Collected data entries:
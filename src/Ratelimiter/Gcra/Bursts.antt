-- ===== src/Ratelimiter/Gcra/Bursts.antt =====
-- How many requests pass at one instant, and weighted requests beside single ones.
use v_exchanges.Prelude.{
  ℕ, zero, suc, ◌+◌, ◌*◌, ◌≤◌, ◌<◌, ◌≡◌, ap, ◌∙◌, inl, inr, max, List, [], ◌∷◌, none, some, arith,
  Bool-cases, leb,
}
use v_exchanges.Ratelimiter.Nanos.{Nanos}
use v_exchanges.Ratelimiter.Gcra.{Gcra, measured}
use v_exchanges.Ratelimiter.Gcra.Decision.{IsSound}
use v_exchanges.Ratelimiter.Gcra.Replay.{
  Request, grant, replay, replay-cons, replay-grant, replay-refused, replay-nil, IsAllowed,
  grant_cases,
}
use v_exchanges.Ratelimiter.StateStore.{nonzero}

-- `k` requests of one unit each, all at time `t0`.
abbrev pub singles : ℕ → Nanos → List Request
singles zero t0 = []
singles (suc k) t0 = (t0, 1) ∷ singles k t0

module _ (g : Gcra) (horizon : ℕ) (sound : IsSound g horizon) (t0 : Nanos)
    (now : t0 ≤ horizon) where
  single-IsAllowed : IsAllowed g horizon (t0, 1)
  single-IsAllowed = (now, omega (arith, sound.holds))

  -- A cell that holds a state from `t0` on, and one single request at `t0`.
  grant_single :
      (cell : ℕ)
      → 0 < cell
      → t0 ≤ cell
      → cell ≤ t0 + g.tau
      → grant g (t0, 1) cell ≡ some (cell + g.t)
  grant_single cell pos late h =
      ground (arith, grant_cases g horizon sound (t0, 1) cell single-IsAllowed)

  refuse_single : (cell : ℕ) → 0 < cell → t0 + g.tau < cell → grant g (t0, 1) cell ≡ none
  refuse_single cell pos h =
      ground (arith, grant_cases g horizon sound (t0, 1) cell single-IsAllowed)

  pub singles_pass :
      (k cell : ℕ)
      → 0 < cell
      → t0 ≤ cell
      → cell + g.t * k ≤ t0 + g.tau + g.t
      → replay g (singles k t0) cell ≡ some (cell + g.t * k)
  singles_pass zero cell pos late h = replay-nil g cell ∙ ap some (omega arith)
  singles_pass (suc k) cell pos late h =
      replay-grant g (t0, 1) (singles k t0) cell (cell + g.t)
        (grant_single cell pos late (omega arith))
      ∙ singles_pass k (cell + g.t) (omega arith) (omega arith) (omega arith)
      ∙ ap some (omega arith)

  pub singles_refused :
      (k cell : ℕ)
      → 0 < cell
      → t0 ≤ cell
      → t0 + g.tau + g.t < cell + g.t * suc k
      → replay g (singles (suc k) t0) cell ≡ none
  singles_refused zero cell pos late h =
      replay-refused g (t0, 1) [] cell (refuse_single cell pos (omega arith))
  singles_refused (suc k) cell pos late h = elim (Bool-cases (leb cell (t0 + g.tau))) [
    | inl fits ↦
        (replay-grant g (t0, 1) (singles (suc k) t0) cell (cell + g.t)
            (grant_single cell pos late (ground arith))
          ∙ singles_refused k (cell + g.t) (omega arith) (omega arith) (omega arith))
    | inr beyond ↦
        (replay-refused g (t0, 1) (singles (suc k) t0) cell (refuse_single cell pos (ground arith)))
  ]

  -- A key never seen before, with a burst of `b`: `b` single requests pass at one instant, and the
  -- next is refused.
  pub burst_fresh :
      (b : ℕ)
      → g.tau ≡ g.t * suc b
      → (replay g (singles (suc b) t0) 0 ≡ some (t0 + g.t + g.tau))
        × (replay g (singles (suc (suc b)) t0) 0 ≡ none)
  burst_fresh b e = (
    replay-grant g (t0, 1) (singles b t0) 0 (t0 + 2 * g.t) first
        ∙ singles_pass b (t0 + 2 * g.t) (omega (arith, sound.weighs)) (omega arith) (omega arith)
        ∙ ap some (omega arith),
    replay-grant g (t0, 1) (singles (suc b) t0) 0 (t0 + 2 * g.t) first
        ∙ singles_refused b (t0 + 2 * g.t) (omega (arith, sound.weighs)) (omega arith)
            (omega (arith, sound.weighs)),
  )
    where
      first : grant g (t0, 1) 0 ≡ some (t0 + 2 * g.t)
      first =
          ground
            (arith, grant_cases g horizon sound (t0, 1) 0 single-IsAllowed, sound.holds, sound.fits)

  -- A key whose state has run out by `t0`, with a burst of `b`: `b + 1` single requests pass at one
  -- instant, one more than the burst, and the next is refused.
  pub burst_idle :
      (b cell : ℕ)
      → g.tau ≡ g.t * b
      → 0 < cell
      → cell ≤ t0
      → (replay g (singles (suc b) t0) cell ≡ some (t0 + g.t + g.tau))
        × (replay g (singles (suc (suc b)) t0) cell ≡ none)
  burst_idle b cell e pos idle = (
    replay-grant g (t0, 1) (singles b t0) cell (t0 + g.t) first
        ∙ singles_pass b (t0 + g.t) (omega arith) (omega arith) (omega arith)
        ∙ ap some (omega arith),
    replay-grant g (t0, 1) (singles (suc b) t0) cell (t0 + g.t) first
        ∙ singles_refused b (t0 + g.t) (omega arith) (omega arith) (omega (arith, sound.weighs)),
  )
    where
      first : grant g (t0, 1) cell ≡ some (t0 + g.t)
      first = ground (arith, grant_cases g horizon sound (t0, 1) cell single-IsAllowed)

  singles_end :
      (k cell last : ℕ)
      → 0 < cell
      → t0 ≤ cell
      → replay g (singles k t0) cell ≡ some last
      → last ≡ cell + g.t * k
  singles_end zero cell last pos late e = ground (arith, replay-nil g cell)
  singles_end (suc k) cell last pos late e =
      let (next, p, q) = replay-cons g (t0, 1) (singles k t0) cell last e in
      let moved : next ≡ cell + g.t =
        ground (arith, grant_cases g horizon sound (t0, 1) cell single-IsAllowed) in
      omega (arith, singles_end k next last (omega arith) (omega arith) q)

  -- If single requests at one instant all pass, one request of their number of units passes too and
  -- leaves the same state.
  pub weighted_of_singles :
      (k cell last : ℕ)
      → IsAllowed g horizon (t0, suc k)
      → replay g (singles (suc k) t0) cell ≡ some last
      → grant g (t0, suc k) cell ≡ some last
  weighted_of_singles k cell last h e =
      let (next, p, q) = replay-cons g (t0, 1) (singles k t0) cell last e in
      let tat = measured g t0 (nonzero cell) in
      let moved : (tat ≤ t0 + g.tau) × (next ≡ max tat t0 + g.t) =
        ground (arith, grant_cases g horizon sound (t0, 1) cell single-IsAllowed) in
      let end : last ≡ next + g.t * k =
        singles_end k next last (omega (arith, sound.weighs)) (omega arith) q in
      ground (arith, grant_cases g horizon sound (t0, suc k) cell h)

  -- On a state that a single unit still fits, a request of several units passes where as many single
  -- ones, made at the same instant, do not.
  pub weighted_passes :
      (k cell : ℕ)
      → IsAllowed g horizon (t0, suc k)
      → 0 < cell
      → t0 ≤ cell
      → cell ≤ t0 + g.tau
      → t0 + g.tau < cell + g.t * k
      → (grant g (t0, suc k) cell ≡ some (cell + g.t * suc k))
        × (replay g (singles (suc k) t0) cell ≡ none)
  weighted_passes k cell h pos late one more = (
    ground (arith, grant_cases g horizon sound (t0, suc k) cell h),
    singles_refused k cell pos late (omega arith),
  )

Instructions for the task
Please transcribe the records exactly from their first line through the line holding "(now : t0 ≤ horizon) where", and leave out all others.

Solution
filename src/Ratelimiter/Gcra/Bursts.antt
-- ===== src/Ratelimiter/Gcra/Bursts.antt =====
-- How many requests pass at one instant, and weighted requests beside single ones.
use v_exchanges.Prelude.{
  ℕ, zero, suc, ◌+◌, ◌*◌, ◌≤◌, ◌<◌, ◌≡◌, ap, ◌∙◌, inl, inr, max, List, [], ◌∷◌, none, some, arith,
  Bool-cases, leb,
}
use v_exchanges.Ratelimiter.Nanos.{Nanos}
use v_exchanges.Ratelimiter.Gcra.{Gcra, measured}
use v_exchanges.Ratelimiter.Gcra.Decision.{IsSound}
use v_exchanges.Ratelimiter.Gcra.Replay.{
  Request, grant, replay, replay-cons, replay-grant, replay-refused, replay-nil, IsAllowed,
  grant_cases,
}
use v_exchanges.Ratelimiter.StateStore.{nonzero}

-- `k` requests of one unit each, all at time `t0`.
abbrev pub singles : ℕ → Nanos → List Request
singles zero t0 = []
singles (suc k) t0 = (t0, 1) ∷ singles k t0

module _ (g : Gcra) (horizon : ℕ) (sound : IsSound g horizon) (t0 : Nanos)
    (now : t0 ≤ horizon) where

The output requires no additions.